# Hat sich ein Dialer eingewählt?



## Trentel-A (23 Mai 2010)

Hi Leute,

ich hab mich nach einiger Zeit entschlossen, mich mal hier im Forum zu melden, da ich immer andere Aussagen zu meinem Problem höre.

Folgendes: Am 3. Mai habe ich dummerweise ein wenig an meinem Virenscanner rumgespielt und mir dadurch einen haufen gefährlicher Dateien auf den PC geholt (waren anscheinend Dateien, die vom Virenscanner bis dato geblockt wurden), nach einem Suchlauf in meinem Anti-Malware-Doctor wurden ganze 7 Dialer gefunden!!

Ich habe gut 20 Minuten später das Internet gekappt und hatte es nur am Tag darauf noch kurz im abgesicherten Modus an, um mir Programme wie HiJackThis runterzuladen, um vllt. noch zu retten, was noch zu retten ist, was allerdings nicht gelang (hatte ja nicht nur Dialer drauf... Habe dann die Festplatte neu formatiert).

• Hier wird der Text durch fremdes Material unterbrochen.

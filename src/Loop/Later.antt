-- ===== src/Loop/Later.antt =====
-- The handles and tokens before and after one event of the loop of src/event/mod.rs.
use tiny_port_mapper_rust.Common.{
  ◌==◌, if◌then◌else◌, is_some, Bool-cases, Option-cases, inl, inr, Bool, true, false, not, Option,
  none, some,
}
use tiny_port_mapper_rust.FdManager.{Fd64, RawFd, exist}
use tiny_port_mapper_rust.Kernel.{Kernel, Event}
use tiny_port_mapper_rust.Loop.{
  Setting, ListenSocket, on_readable, on_writable, on_token, on_tcp_listener, on_udp_socket,
  on_event,
}
use tiny_port_mapper_rust.Manager.Udp as Sessions
use tiny_port_mapper_rust.Tcp.Accept.Later.{HasRoomForTwo, on_accept-Later}
use tiny_port_mapper_rust.Tcp.Events.Later.{on_read-Later, on_write-Later}
use tiny_port_mapper_rust.Tokens.{get_fd64}
use tiny_port_mapper_rust.Udp.Later.{on_datagram-Later, on_response-Later}
use tiny_port_mapper_rust.World.{World, Result, ok, fault, ◌>>=◌}
use tiny_port_mapper_rust.World.Later.{LaterOr, Later, Later-refl, Later-trans}

module _ (k : Kernel) where
  LaterOr-trans :
      (w w' : World k) (x : Result (World k)) → Later k w w' → LaterOr k w' x → LaterOr k w x
  LaterOr-trans w w' (ok w'') p q = Later-trans k w w' w'' p q
  LaterOr-trans w w' (fault e) p q = tt

  LaterOr->>= :
      (w : World k) (x : Result (World k)) (f : World k → Result (World k))
      → LaterOr k w x
      → ((w' : World k) → LaterOr k w' (f w'))
      → LaterOr k w (x >>= f)
  LaterOr->>= w (ok w') f p q = LaterOr-trans w w' (f w') p (q w')
  LaterOr->>= w (fault e) f p q = tt

  LaterOr-if :
      (w : World k) (t : Bool) (x y : Result (World k))
      → LaterOr k w x
      → LaterOr k w y
      → LaterOr k w (if t then x else y)
  LaterOr-if w true x y p q = p
  LaterOr-if w false x y p q = q

  module _ (c : Setting) where
    on_readable-Later : (w : World k) (fd64 : Fd64) → LaterOr k w (on_readable k c w fd64)
    unfolding on_readable
    on_readable-Later w fd64 =
        elim (Bool-cases (is_some (Sessions.get_session_by_fd64 w.udp fd64))) [
          | inl e ↦ rw (e, on_readable) (on_response-Later k w fd64)
          | inr e ↦ rw (e, on_readable) (on_read-Later k c.fuel w fd64)
        ]

    on_writable-Later : (w : World k) (fd64 : Fd64) → LaterOr k w (on_writable k c w fd64)
    unfolding on_writable
    on_writable-Later w fd64 =
        elim (Bool-cases (is_some (Sessions.get_session_by_fd64 w.udp fd64))) [
          | inl e ↦ rw (e, on_writable) (Later-refl k w)
          | inr e ↦ rw (e, on_writable) (on_write-Later k c.fuel w fd64)
        ]

    on_token-Later : (w : World k) (e : Event) → LaterOr k w (on_token k c w e)
    unfolding on_token
    on_token-Later w e = elim (Option-cases (get_fd64 w.token_manager e.token)) [
      | inl a ↦ rw (a, on_token) (Later-refl k w)
      | inr (fd64, a) ↦
          rw (a, on_token)
            (LaterOr-if w (not (exist w.fd_manager fd64)) (ok w) _ (Later-refl k w) (
              LaterOr->>= w _ _
                (LaterOr-if w e.is_readable _ (ok w) (on_readable-Later w fd64) (Later-refl k w))
                (λ w'.
                  LaterOr-if w' e.is_writable _ (ok w') (on_writable-Later w' fd64)
                    (Later-refl k w'))))
    ]

    on_tcp_listener-Later :
        (w : World k) (listener : Option RawFd) (readable : Bool)
        → HasRoomForTwo w
        → Later k w (on_tcp_listener k c w listener readable)
    on_tcp_listener-Later w (some _) true room =
        on_accept-Later k c.tcp_handler c.max_connections w room
    on_tcp_listener-Later w (some _) false room = Later-refl k w
    on_tcp_listener-Later w none _ room = Later-refl k w

    on_udp_socket-Later :
        (w : World k) (socket : Option RawFd) (readable : Bool)
        → HasRoomForTwo w
        → Later k w (on_udp_socket k c w socket readable)
    on_udp_socket-Later w (some fd) true room =
        on_datagram-Later k c.udp_handler c.to_string c.max_connections w fd room
    on_udp_socket-Later w (some fd) false room = Later-refl k w
    on_udp_socket-Later w none _ room = Later-refl k w

    -- With room for two: on every branch of `on_event`, if it is no fault, dead handles stay dead,
    -- and tokens that were given out lead nowhere new.
    pub on_event-Later :
        (l : Option ListenSocket) (w : World k) (e : Event)
        → HasRoomForTwo w
        → LaterOr k w (on_event k c l w e)
    unfolding on_event
    on_event-Later none w e room = on_token-Later w e
    on_event-Later (some l) w e room =
        LaterOr-if w (e.token == l.tcp_listen_token) (ok _) _
          (on_tcp_listener-Later w l.tcp_listener e.is_readable room)
          (LaterOr-if w (e.token == l.udp_listen_token) (ok _) _
            (on_udp_socket-Later w l.udp_socket e.is_readable room) (on_token-Later w e))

Kann sich in diesen Minuten einer oder mehrere dieser 7 Dialer eingewählt haben?

Wir haben Internet von der Telekom. einen Speedport W502V-Router, sprich wir haben DSL-Internet, und wir empfangen es über WLAN. Nun habe ich gehört, dass sich bei DSL-Verbindung kein Dialer einwählen kann, dann hab ich gehört, dass es doch irgendwie möglich ist. Was nun?

Ich bin jetzt etwas verunsichert, bald kommt die Telefonrechnung für diesen Monat und ich will jetzt etwas mehr Gewissheit haben, ob sich ein Dialer eingewählt hat oder nicht.

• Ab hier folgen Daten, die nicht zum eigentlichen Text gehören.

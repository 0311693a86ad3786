-- ===== src/Manager/Inactive/Choice.antt =====
-- What `clear_inactive` of src/manager/mod.rs chooses: only idle entries, the oldest first, and at
-- most the number that the ratio allows.
use tiny_port_mapper_rust.Common.Map.{Map, get, Unique}
use tiny_port_mapper_rust.Lru.{MinHeap, sort_by_time}
use tiny_port_mapper_rust.Lru.Heap.{
  IsSorted, HasUniqueKeys, time_of, sort-IsSorted, time_of-sort, time_of-LowerBound,
}
use tiny_port_mapper_rust.Lru.Laws.{contains}
use tiny_port_mapper_rust.Manager.Inactive.{timed_out, to_remove}
use tiny_port_mapper_rust.Common.{
  ltb, if◌then◌else◌, is_some, Option-cases, length, take, length-take, length-map, sub_u64, ℕ,
  zero, suc, ◌≤◌, ◌<◌, ◌≡◌, refl, sym, ◌∙◌, inl, inr, true, false, Option, none, some, List, [],
  ◌∷◌, map, arith,
}

module _ {K : Type 0} (dec : Discrete K) where
  time_of-take :
      (k : K) (t n : ℕ) (h : MinHeap K)
      → time_of dec k (take n h) ≡ some t
      → time_of dec k h ≡ some t
  time_of-take k t zero h e = cc
  time_of-take k t (suc n) [] e = cc
  time_of-take k t (suc n) (x ∷ h) e = ground (arith, time_of-take k t n h)

  -- What is left behind is not older than what is taken, and is left only if `n` were taken.
  take_oldest :
      (k j : K) (t u n : ℕ) (h : MinHeap K)
      → IsSorted h
      → time_of dec k (take n h) ≡ some t
      → time_of dec j h ≡ some u
      → time_of dec j (take n h) ≡ none
      → t ≤ u
  take_oldest k j t u zero h s e f g = cc
  take_oldest k j t u (suc n) [] s e f g = cc
  take_oldest k j t u (suc n) (x ∷ h) s e f g =
      ground (arith, take_oldest k j t u n h s.1, time_of-LowerBound dec j x.0 u h s.0)

  take_full :
      (j : K) (u n : ℕ) (h : MinHeap K)
      → time_of dec j h ≡ some u
      → time_of dec j (take n h) ≡ none
      → length (take n h) ≡ n
  take_full j u zero h f g = refl
  take_full j u (suc n) [] f g = cc
  take_full j u (suc n) (x ∷ h) f g = ground (arith, take_full j u n h)

  contains-map :
      (k : K) (h : MinHeap K) → contains dec k (map (λ e. e.1) h) ≡ is_some (time_of dec k h)
  contains-map k [] = refl
  contains-map k (x ∷ h) = ground (arith, contains-map k h)

  module _ (now timeout_ms : ℕ) where
    abbrev idle : Option ℕ → Option ℕ
    idle none = none
    idle (some t) = if ltb timeout_ms (sub_u64 now t) then some t else none

    time_of-timed_out :
        (k : K) (m : Map K ℕ)
        → Unique dec m
        → time_of dec k (timed_out now timeout_ms m) ≡ idle (get dec k m)
    unfolding timed_out get
    time_of-timed_out k [] u = refl
    time_of-timed_out k (e ∷ m) u = ground (arith, time_of-timed_out k m)

    timed_out-HasUniqueKeys :
        (m : Map K ℕ) → Unique dec m → HasUniqueKeys dec (timed_out now timeout_ms m)
    unfolding timed_out
    timed_out-HasUniqueKeys [] u = tt
    timed_out-HasUniqueKeys (e ∷ m) u =
        ground (arith, timed_out-HasUniqueKeys m, time_of-timed_out e.0 m)

    module _ (n : ℕ) (m : Map K ℕ) (u : Unique dec m) where
      abbrev chosen : List K
      chosen = to_remove n (timed_out now timeout_ms m)

      abbrev sorted : MinHeap K
      sorted = sort_by_time (timed_out now timeout_ms m)

      time_of-sorted : (k : K) → time_of dec k sorted ≡ idle (get dec k m)
      time_of-sorted k =
          time_of-sort dec k (timed_out now timeout_ms m) (timed_out-HasUniqueKeys m u)
          ∙ time_of-timed_out k m u

      contains-chosen : (k : K) → contains dec k chosen ≡ is_some (time_of dec k (take n sorted))
      unfolding to_remove
      contains-chosen k = contains-map k (take n sorted)

      -- What is chosen is there and was idle for longer than the timeout.
      pub to_remove-idle :
          (k : K)
          → contains dec k chosen ≡ true
          → (t : ℕ) × (get dec k m ≡ some t) × (timeout_ms < sub_u64 now t)
      to_remove-idle k c = elim (Option-cases (time_of dec k (take n sorted))) [
        | inl e ↦ cc (contains-chosen k)
        | inr (t, e) ↦
            let f = sym (time_of-sorted k) ∙ time_of-take k t n sorted e in
            (t, ground arith, ground arith)
      ]

      -- An idle entry that is not chosen is not older than one that is, and then `n` are chosen.
      pub to_remove-oldest :
          (k j : K) (t s : ℕ)
          → contains dec k chosen ≡ true
          → contains dec j chosen ≡ false
          → get dec k m ≡ some t
          → get dec j m ≡ some s
          → timeout_ms < sub_u64 now s
          → t ≤ s
      to_remove-oldest k j t s c d e f idle_j =
          elim (Option-cases (time_of dec k (take n sorted))) [
            | inl miss ↦ cc (contains-chosen k)
            | inr (t', hit) ↦
                let first = sym (time_of-sorted k) ∙ time_of-take k t' n sorted hit in
                let same : t ≡ t' = ground arith in
                let at : time_of dec j sorted ≡ some s = time_of-sorted j ∙ ground arith in
                rw same (
                  take_oldest k j t' s n sorted (sort-IsSorted (timed_out now timeout_ms m)) hit at
                    (ground (arith, contains-chosen j)))
          ]

      pub to_remove-full :
          (j : K) (s : ℕ)
          → contains dec j chosen ≡ false
          → get dec j m ≡ some s
          → timeout_ms < sub_u64 now s
          → length chosen ≡ n
      unfolding to_remove
      to_remove-full j s d f idle_j =
          let at : time_of dec j sorted ≡ some s = time_of-sorted j ∙ ground arith in
          length-map (λ e. e.1) (take n sorted)
          ∙ take_full j s n sorted at (ground (arith, contains-chosen j))

      pub length-to_remove : length chosen ≤ n
      unfolding to_remove
      length-to_remove =
          omega (arith, length-map (λ (e : ℕ × K). e.1) (take n sorted), length-take n sorted)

Ich hoffe ihr könnt mir helfen 

P.S.: Bei einem Anruf bei der Telekom wurde uns gesagt, dass wir gegen 0900-Nummern gesperrt sind, und soviel ich weiß dürfen sich in Deutschland die Dialer nur noch über 0900-Nummern einwählen, stimmt das?


----------



## Trentel-A (23 Mai 2010)

*AW: Hat sich ein Dialer eingewählt?*

Noch ein kleiner Nachtrag, den ich oben vergessen habe (kann den Post leider nicht mehr editieren):

Als wir das Internet gekappt haben (also den Routerstecker aus der Telefonbuchse rausgesteckt haben), ging auch das Telefon nicht mehr. Das Telefon ging dann erst wieder, als wir den Telefonstecker in die Telefonbuchse gesteckt haben (also dort, wo der Routerstecker drinsteckte).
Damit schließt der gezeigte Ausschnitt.